··· Exercise materials ···

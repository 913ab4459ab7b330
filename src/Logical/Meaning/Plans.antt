-- ===== src/Logical/Meaning/Plans.antt =====
-- The rules that keep the rows of every node keep the rows of a plan.
use tiny_olap.Base.{List, take, ◌≡◌, refl, true, false, Option, some, ok, ◌>>=◌}
use tiny_olap.Logical.Plan.{
  int, float, str, boolean, null, column, literal, binary_op, aggregate, cast, LogicalPlan, scan,
  filter, project, aggregate_by, limit,
}
use tiny_olap.Logical.Optimizer.{rewrite, fold_node, eliminate_node, folding, elimination}
use tiny_olap.Logical.Coercion.{Panics}
use tiny_olap.Logical.Meaning.{Source, bind, select, project_rows, rows_of}
use tiny_olap.Logical.Meaning.Rules.{
  bind_cases, select-fold_expr, project_rows-fold_expr, select-true,
}

module _ {Row : Type 0} (src : Source Row) where
  -- The second plan has the rows of the first, where the first has rows.
  abbrev pub Keeps : LogicalPlan → LogicalPlan → Type 0
  Keeps plan out = (rows : List Row) → rows_of src plan ≡ some rows → rows_of src out ≡ some rows

  -- `plan` is rewritten without a panic, and keeps its rows.
  abbrev pub Rewritten : LogicalPlan → Panics LogicalPlan → Type 0
  Rewritten plan done = (out : LogicalPlan) × (done ≡ ok out) × Keeps plan out

  -- A node over an input, whose rows are those of the input put through `g`.
  node_step :
      (f : LogicalPlan → LogicalPlan) (build : LogicalPlan → LogicalPlan)
      (g : List Row → Option (List Row)) (input : LogicalPlan) (done : Panics LogicalPlan)
      → ((node : LogicalPlan) → Keeps node (f node))
      → ((node : LogicalPlan) → rows_of src (build node) ≡ bind (rows_of src node) g)
      → Rewritten input done
      → Rewritten (build input) (done >>= λ node. ok (f (build node)))
  node_step f build g input done hf law (new_input, e, k) = (
    f (build new_input),
    rw e refl,
    λ rows h.
        let (before, hb, hr) = bind_cases (rows_of src input) g rows (rw (← law input) h) in
        hf (build new_input) rows (rw (law new_input, k before hb) hr),
  )

  rewrite-Keeps :
      (f : LogicalPlan → LogicalPlan)
      → ((node : LogicalPlan) → Keeps node (f node))
      → (plan : LogicalPlan) → Rewritten plan (rewrite (λ node. ok (f node)) plan)
  unfolding rewrite rows_of
  rewrite-Keeps f hf (scan t) = (f (scan t), refl, hf (scan t))
  rewrite-Keeps f hf (filter p input) =
      node_step f (filter p) (select src p) input (rewrite (λ node. ok (f node)) input) hf
        (λ node. refl) (rewrite-Keeps f hf input)
  rewrite-Keeps f hf (project es input) =
      node_step f (project es) (project_rows src es) input (rewrite (λ node. ok (f node)) input) hf
        (λ node. refl) (rewrite-Keeps f hf input)
  rewrite-Keeps f hf (aggregate_by keys aggs input) =
      node_step f (aggregate_by keys aggs) (src.group keys aggs) input
        (rewrite (λ node. ok (f node)) input) hf (λ node. refl) (rewrite-Keeps f hf input)
  rewrite-Keeps f hf (limit n input) =
      node_step f (limit n) (λ rows. some (take n rows)) input (rewrite (λ node. ok (f node)) input)
        hf (λ node. refl) (rewrite-Keeps f hf input)

  fold_node-Keeps : (node : LogicalPlan) → Keeps node (fold_node node)
  unfolding fold_node rows_of
  fold_node-Keeps (filter p input) rows h =
      let (before, hb, hr) = bind_cases (rows_of src input) (select src p) rows h in
      rw hb (select-fold_expr src p before rows hr)
  fold_node-Keeps (project es input) rows h =
      let (before, hb, hr) = bind_cases (rows_of src input) (project_rows src es) rows h in
      rw hb (project_rows-fold_expr src es before rows hr)
  fold_node-Keeps (scan t) rows h = h
  fold_node-Keeps (aggregate_by keys aggs input) rows h = h
  fold_node-Keeps (limit n input) rows h = h

  eliminate_node-Keeps : (node : LogicalPlan) → Keeps node (eliminate_node node)
  unfolding eliminate_node rows_of
  eliminate_node-Keeps (filter (literal (boolean true)) input) rows h =
      let (before, hb, hr) =
        bind_cases (rows_of src input) (select src (literal (boolean true))) rows h in
      rw hb (rw (← select-true src before) hr)
  eliminate_node-Keeps (filter (literal (boolean false)) input) rows h = h
  eliminate_node-Keeps (filter (literal (int a)) input) rows h = h
  eliminate_node-Keeps (filter (literal (float a)) input) rows h = h
  eliminate_node-Keeps (filter (literal (str a)) input) rows h = h
  eliminate_node-Keeps (filter (literal null) input) rows h = h
  eliminate_node-Keeps (filter (column t c) input) rows h = h
  eliminate_node-Keeps (filter (binary_op l op r) input) rows h = h
  eliminate_node-Keeps (filter (aggregate f arg) input) rows h = h
  eliminate_node-Keeps (filter (cast e ty) input) rows h = h
  eliminate_node-Keeps (project es input) rows h = h
  eliminate_node-Keeps (scan t) rows h = h
  eliminate_node-Keeps (aggregate_by keys aggs input) rows h = h
  eliminate_node-Keeps (limit n input) rows h = h

  -- Folding and the removal of true filters, one after the other.
  pub rows_of-folding :
      (plan : LogicalPlan) → Rewritten plan (folding plan >>= λ folded. elimination folded)
  unfolding folding elimination
  rows_of-folding plan =
      let (folded, e, k) = rewrite-Keeps fold_node fold_node-Keeps plan in
      let (out, e', k') = rewrite-Keeps eliminate_node eliminate_node-Keeps folded in
      (out, rw e e', λ rows h. k' rows (k rows h))
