-- ===== src/Lib.antt =====
-- lsfmgr submits jobs to LSF, follows their states and kills them for a Qt application; mocklsf is the
-- LSF that it is tested against. A manager owns a store of job sets and job records. A submission
-- registers with the gate of the job set, and the kill scope of a kill refuses and cancels
-- submissions at that gate. The editing of job sets, the polling and the kills write to the store
-- through guarded transitions; the completion tracker and the state pacer decide what the
-- application is told, and when.
--
-- The files, with the code they are about:
--   Base          shared names, dictionaries as association lists in the order of insertion, tests on
--                 numbers, lists, white space.
--   States        lsfmgr/states.py: JobState with its predicates, JobStatus, JobRecord, JobSetRecord.
--   Store         lsfmgr/store/memory.py and lsfmgr/store/base.py. Effects has the store and the monad of
--                 a method that may raise; Records, Memory and Update have the methods of InMemoryStore
--                 by their names; Defaults has the bodies of JobSetStore that InMemoryStore overrides;
--                 Calls has the writing calls as data. The other files hold lemmas.
--   Lifecycle     lsfmgr/lifecycle.py: Gate is SubmitGate, Scope is KillScope.
--   JobSets       lsfmgr/jobset_core.py: Choices has the checks and resolve_refs, Manager the operations
--                 of JobSetManager that write.
--   Polling       lsfmgr/monitor.py: Merge has merge_fields and the aggregate of an array, Cycle one
--                 query of JobsetQuerier with _judge_missing.
--   Killing       lsfmgr/killer.py: Confirm has _kill_confirm and _confirm_by_query, Marking has
--                 _mark_killed. Targets has the grammar of the targets, from lsfmgr/command.py.
--   Commands      lsfmgr/command.py: Chunks has chunk_args; Queries has _run_query, _bjobs with the
--                 formats that are left, and bjobs_by_ids; Bkill has _parse_bkill_resolved and
--                 bkill_targets_confirm, over the calls in the order in which they end.
--   Statuses      lsfmgr/internal_status.py: Source has the state of InternalStatusSource, Ledger the
--                 merge, the elapsed times and the expiry, Fetching the fetches and the wait of a
--                 caller, whose loop goes over the times at which it wakes; Steps has the interleavings.
--   Submitting    lsfmgr/submitter.py: Cycle has _SubmitContext, the signals and what a thread has left
--                 to do; Counting has _count and what it calls; Records what is written to the store;
--                 Tasks has _SubmitTask and the ledger of the retries, one function for each section
--                 between two points at which other threads may come between; Steps has the
--                 interleavings; Launch has _LaunchTask and _launch_cycle, Refusals the new context
--                 and the refusals of the gate.
--   Completion    lsfmgr/completion.py: CompletionTracker.
--   Pacer         lsfmgr/pacer.py: StatePacer.
--   Util          lsfmgr/util.py: the ledgers of the gate, EmitThrottler and LogSampler.
--   Cluster       mocklsf/models.py, mocklsf/db.py and mocklsf/scheduler.py.
--   Tests         the theorems at concrete inputs.
--
-- How the code is read: a method that holds its lock throughout is one step on explicit state. A
-- method of the store returns a Result and a store; an exception is a value. A call has one time,
-- where the code asks the clock more than once. Times are natural numbers of microseconds. Signals
-- are returned as events, and what their slots do to the state of the caller is an argument, as are
-- the answer of the status source and what other threads do while it is awaited, and what they
-- write to the store between the calls of an edit, a removal or a detection of lost jobs. Log lines
-- are left out. Loops go over lists, or over the retries that are left, so that no fuel is needed.
--
-- Not modelled: the processes and threads themselves, Qt and its timers, SQL below the level of one
-- statement, files and the command line; and so far the rest of the killer and of the commands of
-- LSF, the parse of what the status callback gives, the options and the manager that joins the
-- parts. The launch of a cycle is one step, and an exception of its own is not modelled.
pub mod Base
pub mod States
pub mod Store
pub mod Util
pub mod Lifecycle
pub mod JobSets
pub mod Polling
pub mod Commands
pub mod Killing
pub mod Statuses
pub mod Submitting
pub mod Completion
pub mod Pacer
pub mod Cluster
mod Tests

···

Activity -> Restate, please, word for word the span of records running from the first line to the line bearing "abbrev pub Keeps", both included, and nothing outside it.

Answer box ->
repository 913ab4459ab7b330
filename src/Logical/Meaning/Plans.antt
-- ===== src/Logical/Meaning/Plans.antt =====
-- The rules that keep the rows of every node keep the rows of a plan.
use tiny_olap.Base.{List, take, ◌≡◌, refl, true, false, Option, some, ok, ◌>>=◌}
use tiny_olap.Logical.Plan.{
  int, float, str, boolean, null, column, literal, binary_op, aggregate, cast, LogicalPlan, scan,
  filter, project, aggregate_by, limit,
}
use tiny_olap.Logical.Optimizer.{rewrite, fold_node, eliminate_node, folding, elimination}
use tiny_olap.Logical.Coercion.{Panics}
use tiny_olap.Logical.Meaning.{Source, bind, select, project_rows, rows_of}
use tiny_olap.Logical.Meaning.Rules.{
  bind_cases, select-fold_expr, project_rows-fold_expr, select-true,
}

module _ {Row : Type 0} (src : Source Row) where
  -- The second plan has the rows of the first, where the first has rows.
  abbrev pub Keeps : LogicalPlan → LogicalPlan → Type 0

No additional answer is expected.